══ Material for the task ══

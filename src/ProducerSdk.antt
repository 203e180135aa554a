-- ===== src/ProducerSdk.antt =====
-- src/sdk/python/platform_producer/client.py: requests of the producers and their retries. What the
-- HTTP client does with the n-th attempt is a parameter.
pub mod Retries
pub mod Requests
mod Tests
use event_driven_data_platfo.Base.{
  ℕ, zero, suc, ◌+◌, Bool, true, false, not, String, Option, none, some, List, [], ◌∷◌, ◌++ₛ◌, Dict,
  ◌>>=◌, if◌then◌else◌, or_else, ltb, eqb, is_empty, strip,
}
use event_driven_data_platfo.Base.Int.{ℤ}
use event_driven_data_platfo.Events.Types.{event_type, event_value}
use event_driven_data_platfo.Events.Values.{Json, Floats, Conversions}
use event_driven_data_platfo.Events.Payloads.{validate_event_payload}
use event_driven_data_platfo.Events.Identity.{idempotent_event_id}
use event_driven_data_platfo.Events.Envelopes.{Datetime}

-- `str.lower` is a parameter.
unfoldable pub derive_business_idempotency_key :
    (String → String) → String → String → String → String
derive_business_idempotency_key lower source entity_id action =
    lower (strip (source ++ₛ (":" ++ₛ (entity_id ++ₛ (":" ++ₛ action)))))

-- The event type is the text of an EventType or another text.
pub record ProducerEvent (F : Type 0) : Type 0 where
  pub tenant_id : String
  pub event_type_text : String
  pub payload : Dict (Json F)
  pub source_service : String
  pub idempotency_key : String
  pub payload_version : ℤ
  pub event_timestamp : Option Datetime
  pub trace_id : Option String

-- The body of a request.
pub record EventRequest (F : Type 0) : Type 0 where
  pub event_id : String
  pub tenant_id : String
  pub event_type_text : String
  pub source_service : String
  pub idempotency_key : String
  pub payload_version : ℤ
  pub event_timestamp : Datetime
  pub trace_id : Option String
  pub payload : Dict (Json F)

module _ {F : Type 0} (fl : Floats F) (cv : Conversions F) (digest : String → String) where
  -- `to_request`, at the time `now`; `none` is the `ValueError`.
  unfoldable pub to_request : Datetime → ProducerEvent F → Option (EventRequest F)
  to_request now e = do
    kind ← event_type e.event_type_text
    validated_payload ← validate_event_payload fl cv kind e.payload
    some (record {
      event_id = idempotent_event_id digest e.tenant_id kind e.source_service e.idempotency_key;
      tenant_id = e.tenant_id;
      event_type_text = event_value kind;
      source_service = e.source_service;
      idempotency_key = e.idempotency_key;
      payload_version = e.payload_version;
      event_timestamp = or_else e.event_timestamp now;
      trace_id = e.trace_id;
      payload = validated_payload;
    })

  -- `[event.to_request() for event in events]`, each with the time at which it is made
  unfoldable pub to_requests : List (Datetime × ProducerEvent F) → Option (List (EventRequest F))
  to_requests [] = some []
  to_requests ((now, e) ∷ rest) = do
    first ← to_request now e
    others ← to_requests rest
    some (first ∷ others)

-- `_headers`
unfoldable pub headers : Option String → String → String → Dict String
headers none tenant_id user_id = ("X-Tenant-ID", tenant_id) ∷ ("X-User-ID", user_id) ∷ []
headers (some jwt_token) tenant_id user_id =
    if is_empty jwt_token
    then ("X-Tenant-ID", tenant_id) ∷ ("X-User-ID", user_id) ∷ []
    else ("Authorization", "Bearer " ++ₛ jwt_token) ∷ []

-- What becomes of one attempt: a response with its status, or a `TransportError`.
pub data Attempt : Type 0 where
  response : ℕ → Attempt
  transport_error : Attempt

-- What `_request_with_retries` returns or raises; `no_attempt` is the `AssertionError`.
pub data Answer : Type 0 where
  returned : ℕ → Answer
  status_error : ℕ → Answer
  no_transport : Answer
  no_attempt : Answer

-- The answer, the number of requests that were sent, and the time slept in units of
-- `backoff_seconds`.
pub record Called : Type 0 where
  pub answer : Answer
  pub requests : ℕ
  pub waited : ℕ

-- Whether `raise_for_status` raises at a status is a parameter.
module _ (is_error : ℕ → Bool) where
  -- An attempt that the loop may make again.
  unfoldable pub is_retried : Attempt → Bool
  is_retried (response status) = if is_error status then not (ltb status 500) else false
  is_retried transport_error = true

  -- What an attempt comes to when it is the last.
  unfoldable pub answer_of : Attempt → Answer
  answer_of (response status) = if is_error status then status_error status else returned status
  answer_of transport_error = no_transport

  -- After the attempt with a number: a further one if there is one left and this one failed in a
  -- way that may pass.
  unfoldable pub after_attempt : ℕ → ℕ → Attempt → Called → Called
  unfolding is_retried answer_of
  after_attempt attempt zero a later = record {
    answer = answer_of a;
    requests = attempt;
    waited = 0;
  }
  after_attempt attempt (suc left) a later =
      if is_retried a
      then record later { waited = attempt + later.waited }
      else record { answer = answer_of a; requests = attempt; waited = 0 }

  unfoldable pub request_attempts : (ℕ → Attempt) → ℕ → ℕ → Called
  unfolding after_attempt
  request_attempts send zero attempt = record { answer = no_attempt; requests = 0; waited = 0 }
  request_attempts send (suc left) attempt =
      after_attempt attempt left (send attempt) (request_attempts send left (suc attempt))

  unfoldable pub request_with_retries : ℕ → (ℕ → Attempt) → Called
  unfolding request_attempts
  request_with_retries max_retries send = request_attempts send max_retries 1

module _ {F : Type 0} (fl : Floats F) (cv : Conversions F) (digest : String → String) where
  module _ (is_error : ℕ → Bool) (max_retries : ℕ) where
    -- `publish`: nothing is sent of an event that makes no request.
    unfoldable pub publish_event :
        (EventRequest F → ℕ → Attempt) → Datetime → ProducerEvent F → Option Called
    unfolding to_request request_with_retries
    publish_event post now e = do
      request ← to_request fl cv digest now e
      some (request_with_retries is_error max_retries (post request))

    -- `publish_batch`, up to the response: one event that makes no request keeps the others back.
    unfoldable pub publish_batch :
        (List (EventRequest F) → ℕ → Attempt) → List (Datetime × ProducerEvent F) → Option Called
    unfolding to_requests request_with_retries
    publish_batch post events = do
      requests ← to_requests fl cv digest events
      some (request_with_retries is_error max_retries (post requests))

-- `IngestionResult`, without the results themselves
pub record IngestionResult : Type 0 where
  pub accepted : ℕ
  pub failed : ℕ

unfoldable pub ok : IngestionResult → Bool
ok r = eqb r.failed 0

═══

Aim of the exercise: Your task for the entries above: copy exactly the span starting with the line with "status is a parameter." and going on through the line with "unfoldable pub answer_of : Attempt → Answer", both lines included, and nothing else.

Exercise response:
-- Whether `raise_for_status` raises at a status is a parameter.
module _ (is_error : ℕ → Bool) where
  -- An attempt that the loop may make again.
  unfoldable pub is_retried : Attempt → Bool
  is_retried (response status) = if is_error status then not (ltb status 500) else false
  is_retried transport_error = true

  -- What an attempt comes to when it is the last.
  unfoldable pub answer_of : Attempt → Answer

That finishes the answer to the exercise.